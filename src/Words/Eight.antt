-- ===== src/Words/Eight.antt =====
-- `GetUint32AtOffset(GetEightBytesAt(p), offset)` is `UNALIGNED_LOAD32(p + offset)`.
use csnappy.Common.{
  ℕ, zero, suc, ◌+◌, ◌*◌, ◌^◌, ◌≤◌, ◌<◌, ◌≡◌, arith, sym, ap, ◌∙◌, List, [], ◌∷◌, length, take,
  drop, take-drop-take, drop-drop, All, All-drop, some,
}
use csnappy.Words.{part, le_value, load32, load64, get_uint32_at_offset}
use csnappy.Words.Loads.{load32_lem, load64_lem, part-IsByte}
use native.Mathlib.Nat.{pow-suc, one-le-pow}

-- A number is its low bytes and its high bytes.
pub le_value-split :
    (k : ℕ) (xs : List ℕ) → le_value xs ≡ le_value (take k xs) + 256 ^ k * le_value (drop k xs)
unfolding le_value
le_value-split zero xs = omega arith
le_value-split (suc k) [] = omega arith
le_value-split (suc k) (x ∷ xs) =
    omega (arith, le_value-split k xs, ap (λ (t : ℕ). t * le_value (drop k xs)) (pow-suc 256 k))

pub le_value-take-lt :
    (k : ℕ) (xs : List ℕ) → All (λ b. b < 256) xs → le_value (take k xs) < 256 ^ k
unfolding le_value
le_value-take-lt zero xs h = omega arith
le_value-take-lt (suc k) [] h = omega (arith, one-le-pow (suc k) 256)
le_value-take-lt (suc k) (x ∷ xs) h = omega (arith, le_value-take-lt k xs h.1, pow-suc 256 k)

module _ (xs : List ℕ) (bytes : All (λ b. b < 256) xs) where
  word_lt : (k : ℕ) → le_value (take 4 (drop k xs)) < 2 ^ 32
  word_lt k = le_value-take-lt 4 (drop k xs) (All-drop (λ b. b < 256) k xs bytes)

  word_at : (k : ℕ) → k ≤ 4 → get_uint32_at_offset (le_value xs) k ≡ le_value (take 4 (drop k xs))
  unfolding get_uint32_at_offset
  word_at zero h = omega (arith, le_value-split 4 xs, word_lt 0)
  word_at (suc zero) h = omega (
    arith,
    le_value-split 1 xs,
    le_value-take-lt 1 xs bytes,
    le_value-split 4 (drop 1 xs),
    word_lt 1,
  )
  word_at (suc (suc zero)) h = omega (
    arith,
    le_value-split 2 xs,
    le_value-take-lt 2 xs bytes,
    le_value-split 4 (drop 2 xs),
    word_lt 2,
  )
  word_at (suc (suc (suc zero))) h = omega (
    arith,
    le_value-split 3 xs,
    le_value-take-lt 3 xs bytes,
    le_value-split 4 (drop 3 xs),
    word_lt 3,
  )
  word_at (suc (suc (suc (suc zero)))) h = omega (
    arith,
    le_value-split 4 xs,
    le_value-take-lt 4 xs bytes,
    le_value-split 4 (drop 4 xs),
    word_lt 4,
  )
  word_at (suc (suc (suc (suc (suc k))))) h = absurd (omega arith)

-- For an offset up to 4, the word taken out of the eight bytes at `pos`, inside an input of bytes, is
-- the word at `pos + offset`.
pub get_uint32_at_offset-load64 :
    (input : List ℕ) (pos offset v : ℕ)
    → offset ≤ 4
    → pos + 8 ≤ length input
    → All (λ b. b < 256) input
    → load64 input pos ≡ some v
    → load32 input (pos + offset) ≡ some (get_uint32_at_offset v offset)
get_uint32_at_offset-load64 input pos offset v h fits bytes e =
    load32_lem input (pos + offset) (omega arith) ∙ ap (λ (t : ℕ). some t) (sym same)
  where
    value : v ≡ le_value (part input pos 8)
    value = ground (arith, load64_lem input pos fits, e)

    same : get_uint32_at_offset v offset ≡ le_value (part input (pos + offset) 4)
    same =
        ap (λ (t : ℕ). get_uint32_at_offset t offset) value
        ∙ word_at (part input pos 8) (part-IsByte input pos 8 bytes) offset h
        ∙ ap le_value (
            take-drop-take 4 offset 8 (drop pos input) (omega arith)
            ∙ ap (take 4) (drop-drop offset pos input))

————————

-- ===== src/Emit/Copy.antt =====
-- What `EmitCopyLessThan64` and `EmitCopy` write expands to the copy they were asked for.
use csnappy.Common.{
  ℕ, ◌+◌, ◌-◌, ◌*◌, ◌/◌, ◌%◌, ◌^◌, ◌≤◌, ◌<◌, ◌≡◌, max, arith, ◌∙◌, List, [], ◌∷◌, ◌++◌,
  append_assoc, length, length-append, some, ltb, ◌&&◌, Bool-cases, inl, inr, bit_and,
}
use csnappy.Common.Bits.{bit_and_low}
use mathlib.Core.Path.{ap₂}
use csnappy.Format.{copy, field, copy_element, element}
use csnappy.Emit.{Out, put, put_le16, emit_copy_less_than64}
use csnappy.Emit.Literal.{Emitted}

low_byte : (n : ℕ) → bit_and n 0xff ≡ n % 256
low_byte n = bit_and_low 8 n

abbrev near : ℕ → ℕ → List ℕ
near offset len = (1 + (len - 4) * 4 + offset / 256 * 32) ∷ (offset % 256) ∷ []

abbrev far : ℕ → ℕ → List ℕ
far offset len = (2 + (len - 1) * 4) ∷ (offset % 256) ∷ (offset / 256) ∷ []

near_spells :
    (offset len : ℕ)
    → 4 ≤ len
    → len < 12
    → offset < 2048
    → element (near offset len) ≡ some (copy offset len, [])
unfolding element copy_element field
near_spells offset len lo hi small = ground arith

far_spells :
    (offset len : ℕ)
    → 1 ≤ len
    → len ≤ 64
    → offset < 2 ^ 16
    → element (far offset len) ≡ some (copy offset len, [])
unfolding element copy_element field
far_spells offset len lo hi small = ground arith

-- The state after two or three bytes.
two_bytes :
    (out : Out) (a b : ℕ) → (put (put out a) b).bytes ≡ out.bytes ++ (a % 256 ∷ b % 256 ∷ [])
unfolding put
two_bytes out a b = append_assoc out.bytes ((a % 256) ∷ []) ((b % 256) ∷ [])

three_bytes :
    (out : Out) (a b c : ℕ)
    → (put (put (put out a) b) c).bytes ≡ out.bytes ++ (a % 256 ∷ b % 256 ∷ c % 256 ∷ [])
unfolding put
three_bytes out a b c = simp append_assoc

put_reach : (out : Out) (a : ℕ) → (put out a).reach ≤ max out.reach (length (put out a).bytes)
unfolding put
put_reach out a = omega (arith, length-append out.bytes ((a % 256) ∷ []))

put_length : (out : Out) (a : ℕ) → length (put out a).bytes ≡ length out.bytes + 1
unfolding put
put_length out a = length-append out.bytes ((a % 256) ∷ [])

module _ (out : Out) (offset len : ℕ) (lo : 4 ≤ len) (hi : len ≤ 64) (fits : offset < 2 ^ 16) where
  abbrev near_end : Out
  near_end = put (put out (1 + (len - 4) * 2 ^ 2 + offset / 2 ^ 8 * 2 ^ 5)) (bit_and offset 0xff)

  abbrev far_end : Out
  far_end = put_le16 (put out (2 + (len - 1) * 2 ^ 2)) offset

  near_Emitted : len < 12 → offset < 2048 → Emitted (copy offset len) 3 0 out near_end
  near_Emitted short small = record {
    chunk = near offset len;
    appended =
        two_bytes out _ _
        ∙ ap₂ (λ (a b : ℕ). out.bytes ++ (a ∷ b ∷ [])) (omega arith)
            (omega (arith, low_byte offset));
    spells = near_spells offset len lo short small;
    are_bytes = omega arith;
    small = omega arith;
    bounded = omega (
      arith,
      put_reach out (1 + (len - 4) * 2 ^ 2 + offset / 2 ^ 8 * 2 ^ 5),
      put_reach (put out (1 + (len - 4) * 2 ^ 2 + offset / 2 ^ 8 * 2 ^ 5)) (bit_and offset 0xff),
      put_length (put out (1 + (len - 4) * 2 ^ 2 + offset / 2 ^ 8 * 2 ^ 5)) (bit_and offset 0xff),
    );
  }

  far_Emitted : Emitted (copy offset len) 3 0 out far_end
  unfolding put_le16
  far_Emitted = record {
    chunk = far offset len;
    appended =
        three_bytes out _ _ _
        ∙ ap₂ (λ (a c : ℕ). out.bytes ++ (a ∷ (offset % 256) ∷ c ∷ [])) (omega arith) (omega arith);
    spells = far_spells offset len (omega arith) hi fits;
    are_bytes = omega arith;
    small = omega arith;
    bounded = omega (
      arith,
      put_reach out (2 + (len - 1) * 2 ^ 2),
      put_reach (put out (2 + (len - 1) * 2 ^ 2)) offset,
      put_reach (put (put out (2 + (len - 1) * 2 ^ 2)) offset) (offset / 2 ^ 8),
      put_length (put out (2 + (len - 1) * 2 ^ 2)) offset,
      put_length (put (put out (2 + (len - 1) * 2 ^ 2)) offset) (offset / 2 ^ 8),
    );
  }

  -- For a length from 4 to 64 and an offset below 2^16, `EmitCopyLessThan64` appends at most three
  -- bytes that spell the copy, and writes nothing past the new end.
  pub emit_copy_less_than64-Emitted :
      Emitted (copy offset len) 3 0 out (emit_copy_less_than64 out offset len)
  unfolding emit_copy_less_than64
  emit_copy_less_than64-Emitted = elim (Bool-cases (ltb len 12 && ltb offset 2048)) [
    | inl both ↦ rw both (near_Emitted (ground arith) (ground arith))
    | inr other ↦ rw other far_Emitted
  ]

————————

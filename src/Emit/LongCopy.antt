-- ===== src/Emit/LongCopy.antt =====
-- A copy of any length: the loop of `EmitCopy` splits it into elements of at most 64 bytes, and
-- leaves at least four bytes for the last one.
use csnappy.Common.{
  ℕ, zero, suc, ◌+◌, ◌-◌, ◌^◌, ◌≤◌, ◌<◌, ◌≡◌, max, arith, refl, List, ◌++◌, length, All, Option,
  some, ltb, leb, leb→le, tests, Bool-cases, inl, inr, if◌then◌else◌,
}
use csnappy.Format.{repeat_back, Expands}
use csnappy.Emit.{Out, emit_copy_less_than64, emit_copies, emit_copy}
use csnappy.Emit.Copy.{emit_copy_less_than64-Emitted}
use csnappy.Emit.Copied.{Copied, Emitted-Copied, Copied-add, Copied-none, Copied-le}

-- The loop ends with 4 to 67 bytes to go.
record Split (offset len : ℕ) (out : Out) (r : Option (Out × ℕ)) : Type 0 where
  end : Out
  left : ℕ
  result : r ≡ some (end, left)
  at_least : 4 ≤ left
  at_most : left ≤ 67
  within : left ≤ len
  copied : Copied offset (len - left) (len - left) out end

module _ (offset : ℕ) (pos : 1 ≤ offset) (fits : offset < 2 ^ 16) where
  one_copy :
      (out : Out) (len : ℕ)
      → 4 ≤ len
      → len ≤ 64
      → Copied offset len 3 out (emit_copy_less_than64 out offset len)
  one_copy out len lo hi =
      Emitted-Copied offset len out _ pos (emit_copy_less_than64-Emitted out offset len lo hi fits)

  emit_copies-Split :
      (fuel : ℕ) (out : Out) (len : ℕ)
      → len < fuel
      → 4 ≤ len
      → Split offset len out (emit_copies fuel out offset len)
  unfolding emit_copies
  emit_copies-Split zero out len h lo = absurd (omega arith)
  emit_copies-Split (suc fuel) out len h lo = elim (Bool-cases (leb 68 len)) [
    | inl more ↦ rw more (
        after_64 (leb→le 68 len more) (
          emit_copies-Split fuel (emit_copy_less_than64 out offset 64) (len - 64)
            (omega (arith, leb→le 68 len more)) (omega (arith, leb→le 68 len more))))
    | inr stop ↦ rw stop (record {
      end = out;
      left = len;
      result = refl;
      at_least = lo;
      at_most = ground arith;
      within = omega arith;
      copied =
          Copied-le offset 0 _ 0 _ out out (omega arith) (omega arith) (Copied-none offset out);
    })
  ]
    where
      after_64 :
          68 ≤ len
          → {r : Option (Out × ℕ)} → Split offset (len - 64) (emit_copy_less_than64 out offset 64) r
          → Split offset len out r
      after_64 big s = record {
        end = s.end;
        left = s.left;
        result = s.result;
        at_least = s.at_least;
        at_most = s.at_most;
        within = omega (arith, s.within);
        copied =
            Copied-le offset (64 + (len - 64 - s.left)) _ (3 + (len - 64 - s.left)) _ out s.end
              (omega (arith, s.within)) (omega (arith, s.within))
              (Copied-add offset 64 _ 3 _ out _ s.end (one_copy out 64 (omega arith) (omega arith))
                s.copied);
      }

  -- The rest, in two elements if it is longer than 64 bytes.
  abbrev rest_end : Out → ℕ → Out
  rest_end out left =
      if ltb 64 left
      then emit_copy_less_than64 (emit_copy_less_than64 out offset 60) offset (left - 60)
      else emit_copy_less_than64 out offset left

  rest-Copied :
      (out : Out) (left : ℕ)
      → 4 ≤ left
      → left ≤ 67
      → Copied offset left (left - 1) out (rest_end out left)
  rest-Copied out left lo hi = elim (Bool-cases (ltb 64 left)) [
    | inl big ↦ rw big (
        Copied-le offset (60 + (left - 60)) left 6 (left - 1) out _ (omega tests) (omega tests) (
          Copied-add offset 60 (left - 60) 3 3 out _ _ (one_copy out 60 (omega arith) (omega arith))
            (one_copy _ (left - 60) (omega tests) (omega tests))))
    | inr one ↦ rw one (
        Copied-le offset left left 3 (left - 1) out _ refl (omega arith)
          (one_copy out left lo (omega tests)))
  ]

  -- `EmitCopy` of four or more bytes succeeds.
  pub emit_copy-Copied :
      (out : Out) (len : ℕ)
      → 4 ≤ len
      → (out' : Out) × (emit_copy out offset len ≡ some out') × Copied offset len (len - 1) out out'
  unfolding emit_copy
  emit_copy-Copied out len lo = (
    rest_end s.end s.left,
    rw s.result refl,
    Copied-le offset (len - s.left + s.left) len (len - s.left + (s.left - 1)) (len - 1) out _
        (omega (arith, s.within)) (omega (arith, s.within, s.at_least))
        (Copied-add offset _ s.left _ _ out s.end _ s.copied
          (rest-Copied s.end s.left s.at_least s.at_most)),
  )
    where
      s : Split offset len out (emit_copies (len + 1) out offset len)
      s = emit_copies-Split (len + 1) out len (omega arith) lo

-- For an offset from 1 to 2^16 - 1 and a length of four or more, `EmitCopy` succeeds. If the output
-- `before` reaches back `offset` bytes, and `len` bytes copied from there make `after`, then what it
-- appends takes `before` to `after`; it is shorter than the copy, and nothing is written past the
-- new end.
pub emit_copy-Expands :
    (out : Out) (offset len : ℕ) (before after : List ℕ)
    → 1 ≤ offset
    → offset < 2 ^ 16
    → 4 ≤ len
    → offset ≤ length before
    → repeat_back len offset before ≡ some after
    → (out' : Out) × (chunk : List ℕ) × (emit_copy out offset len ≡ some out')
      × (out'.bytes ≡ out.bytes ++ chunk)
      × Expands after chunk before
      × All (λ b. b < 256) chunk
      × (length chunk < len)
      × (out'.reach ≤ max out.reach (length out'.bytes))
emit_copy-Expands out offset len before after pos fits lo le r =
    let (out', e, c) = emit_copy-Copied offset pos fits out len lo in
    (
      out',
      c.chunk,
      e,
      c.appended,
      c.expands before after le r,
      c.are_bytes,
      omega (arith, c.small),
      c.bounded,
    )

————————

(WHAT TO WORK ON)
Lines above that include the string "loop" need to be copied.

(WORKED SOLUTION)
-- A copy of any length: the loop of `EmitCopy` splits it into elements of at most 64 bytes, and
-- The loop ends with 4 to 67 bytes to go.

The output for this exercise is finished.